Она направила машину на стоянку и заглушила двигатель. В деревню они вошли пешком. Рабочий день только что закончился, и на главной улице образовалась такая толпа, что приходилось буквально протискиваться сквозь нее.
– Я пойду туда первая, – объявила Сузила, а потом обратилась к Мэри Сароджини: – Вы же будьте в больнице через час. Но не раньше.
Она повернулась и, прокладывая себе путь среди заполонивших тротуар пешеходов, скоро скрылась из виду.
– Теперь тебе командовать, – сказал Уилл, улыбнувшись стоявшему рядом ребенку.
Мэри Сароджини очень серьезно кивнула и взяла его за руку.
– Пойдемте и посмотрим, что происходит на площади, – предложила она.
– Что случилось с твоей бабушкой Лакшми? – спросил Уилл, когда они тоже двинулись вдоль по густо усыпанной народом улице.
– В точности я не знаю, – ответила Мэри Сароджини. – Она стала выглядеть совсем старенькой. Но это, наверное, потому, что у нее все-таки рак.
– Ты знаешь, какого рода рак? – спросил он.
Мэри Сароджини знала все прекрасно.
– Это когда часть тебя забывает о существовании остальной тебя и ведет себя так, как люди, которые сошли с ума: делается все больше и больше, словно никого в мире не существует, кроме нее. Иногда такое можно лечить. Но обычно разрастание продолжается, пока человек не умирает.

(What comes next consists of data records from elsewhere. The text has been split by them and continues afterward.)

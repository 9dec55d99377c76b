-- ===== src/Modbus/OperationProcessor.antt =====
-- src/modbus/operation_processor.cc: the operations and commands that a configuration describes.
pub mod Commands
pub mod Access
pub mod Calls
pub mod Ordered
pub mod Kept
pub mod Agreement
mod Tests
use fiware_io_tagent_cpluspl.Common.{
  ℕ, Bytes, codes, bytes_key, str_eq, Bool, true, false, ◌||◌, ◌-◌, ◌%◌, ◌^◌, Option, none, some,
  List, [], ◌∷◌, ◌++◌, map, length, ltb, if◌then◌else◌,
}
use fiware_io_tagent_cpluspl.Common.Int.{ℤ, pos, negsuc, int_key}
use fiware_io_tagent_cpluspl.Common.Map.{Assoc, find, insert}
use fiware_io_tagent_cpluspl.Common.Find.{cut_text, joined}
use fiware_io_tagent_cpluspl.Modbus.Mapped.{FloatPosition}

-- What the processor uses of the property trees of Boost and their JSON: `none` is an exception.
pub record Ptree (Tree Factor : Type 0) : Type 0 where
  pub empty : Tree
  pub read_json : Bytes → Option Tree
  pub get_child : Bytes → Tree → Option Tree
  pub children : Tree → List Tree
  pub data_of : Tree → Bytes
  pub get : Bytes → Tree → Option Bytes
  pub get_float : Bytes → Tree → Option Factor
  pub get_int : Bytes → Tree → Option ℤ
  pub get_unsigned_short : Bytes → Tree → Option ℕ
  pub put : Bytes → Bytes → Tree → Tree
  pub int_text : ℤ → Bytes
  pub one : Factor

pub record CommandParameter : Type 0 where
  pub base_address : ℤ
  pub num_positions : ℕ
  pub name : Bytes
  pub type_name : Bytes

abbrev pub ParamsMap : Type 0
ParamsMap = Assoc ℤ CommandParameter

pub record ModbusOperationProcessor (Tree Factor : Type 0) : Type 0 where
  pub operations : Assoc Bytes Tree
  pub position_map : Assoc Bytes (List (FloatPosition Factor))
  pub commands : Assoc Bytes Tree
  pub ordered_parameters_map : Assoc Bytes ParamsMap
  pub config : Tree

-- The rest of the text after its first point is as long as the number of decimals.
unfoldable pub number_of_decimals : Bytes → ℕ
number_of_decimals text = elim (cut_text (codes ".") text) [
  | none ↦ 0
  | some (before, decimals) ↦ length decimals
]

-- (short) n
unfoldable pub to_short : ℕ → ℤ
to_short n =
    if ltb (n % 2 ^ 16) (2 ^ 15) then pos (n % 2 ^ 16) else negsuc (2 ^ 16 - 1 - n % 2 ^ 16)

-- get<T>(path, fallback)
abbrev pub or_default : {A : Type 0} → A → Option A → A
or_default fallback none = fallback
or_default fallback (some a) = a

-- m[k], which puts the default value where there is none.
unfoldable pub at : {V : Type 0} → V → Bytes → Assoc Bytes V → V × Assoc Bytes V
at fallback k m = elim (find k m) [ none ↦ (fallback, insert k fallback m) | some v ↦ (v, m) ]

module _ {Tree Factor : Type 0} (pt : Ptree Tree Factor) where
  abbrev pub new_processor : ModbusOperationProcessor Tree Factor
  new_processor = record {
    operations = [];
    position_map = [];
    commands = [];
    ordered_parameters_map = [];
    config = pt.empty;
  }

  unfoldable pub position_of : Tree → Bytes → FloatPosition Factor
  position_of v [] = record { name = pt.data_of v; factor = pt.one; precision = pos 0 }
  position_of v (c ∷ name) = record {
    name = c ∷ name;
    factor = or_default pt.one (pt.get_float (codes "factor") v);
    precision = to_short (number_of_decimals (or_default (codes "1") (pt.get (codes "factor") v)));
  }

  unfoldable pub label_of : Tree → FloatPosition Factor
  label_of v = position_of v (or_default [] (pt.get (codes "name") v))

  unfoldable pub labels_of : Tree → List (FloatPosition Factor)
  labels_of v = elim (pt.get_child (codes "positions") v) [
    | none ↦ []
    | some positions ↦ map label_of (pt.children positions)
  ]

  -- Labels are kept when there are any.
  unfoldable pub add_labels :
      Bytes
      → List (FloatPosition Factor)
      → Assoc Bytes (List (FloatPosition Factor))
      → Assoc Bytes (List (FloatPosition Factor))
  add_labels op [] m = m
  add_labels op (label ∷ labels) m = insert op (label ∷ labels) m

  unfoldable pub read_operation :
      Bytes → Tree → ModbusOperationProcessor Tree Factor → ModbusOperationProcessor Tree Factor
  read_operation op v p = record p {
    operations = insert op v p.operations;
    position_map = add_labels op (labels_of v) p.position_map;
  }

  -- The loop of `read`, and whether an exception ended it.
  unfoldable pub read_each :
      List Tree → ModbusOperationProcessor Tree Factor → ModbusOperationProcessor Tree Factor × Bool
  read_each [] p = (p, false)
  read_each (v ∷ trees) p = elim (pt.get (codes "operation") v) [
    | none ↦ (p, true)
    | some op ↦ read_each trees (read_operation op v p)
  ]

  unfoldable pub read_config :
      Tree
      → ModbusOperationProcessor Tree Factor × Bool
      → ModbusOperationProcessor Tree Factor × Bool
  read_config root (p, true) = (p, true)
  read_config root (p, false) = (
    elim (pt.get_child (codes "config") root) [
      | none ↦ p
      | some config ↦ record p { config = config }
    ],
    false,
  )

  -- ModbusOperationProcessor::read, and whether it raises the alarm of a bad configuration.
  unfoldable pub read :
      Bytes → ModbusOperationProcessor Tree Factor → ModbusOperationProcessor Tree Factor × Bool
  read json p = elim (pt.read_json json) [
    | none ↦ (p, true)
    | some root ↦ elim (pt.get_child (codes "operations") root) [
      | none ↦ (p, true)
      | some operations ↦ read_config root (read_each (pt.children operations) p)
    ]
  ]

  abbrev pub first_address : ParamsMap → ℤ
  first_address [] = negsuc 0
  first_address ((address, param) ∷ params) = address

  unfoldable pub get_base_address :
      Bytes → ModbusOperationProcessor Tree Factor → ℤ × ModbusOperationProcessor Tree Factor
  get_base_address command p =
      let found : ParamsMap × Assoc Bytes ParamsMap = at [] command p.ordered_parameters_map in
      (first_address found.0, record p { ordered_parameters_map = found.1 })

– Именно так происходит с бабушкой Лакшми?
– Да, и теперь нужен кто-то, чтобы помочь ей умереть.
– Твоя мама часто помогает людям умирать?
Ребенок кивнул:
– Она делает это очень хорошо.
– А ты сама когда-нибудь видела, как кто-то умирал?
– Конечно, – ответила Мэри Сароджини, явно удивленная подобным вопросом. – Дайте подумать… – Она стала делать в уме какие-то подсчеты. – Я видела, как умерли пять человек. Шесть, если младенцы тоже учитываются.
– В твоем возрасте я еще ни разу не видел смерти людей.
– Не видели?
– Только смерть собаки.
– Собаки умирают легче, чем люди. Они не обсуждают всего заранее.
– А что ты думаешь… о смерти людей?
– Мне кажется это не так тяжело, как рожать. Вот что действительно ужасно. По крайней мере выглядит ужасно. Но только потом ты вспоминаешь, что они не чувствуют боли. Они отключают в себе болевые ощущения.
– Можешь мне не поверить, – сказал Уилл, – но я никогда не видел, как рождается младенец.
– Никогда? – Теперь Мэри Сароджини выглядела очень удивленной. – Даже когда учились в школе?
Уилл на мгновение представил себе, как директор его школы в облачении каноника ведет три сотни мальчиков в черных пальто в родильный дом.
– Нет. Даже когда учился в школе, – сказал он вслух.
– Вы не видели смерти человека и никогда не присутствовали при родах. Как же вы узнавали обо всем этом?
– В той школе, которую посещал я, – ответил он, – мы не получали знания о вещах. Нас обучали только словам.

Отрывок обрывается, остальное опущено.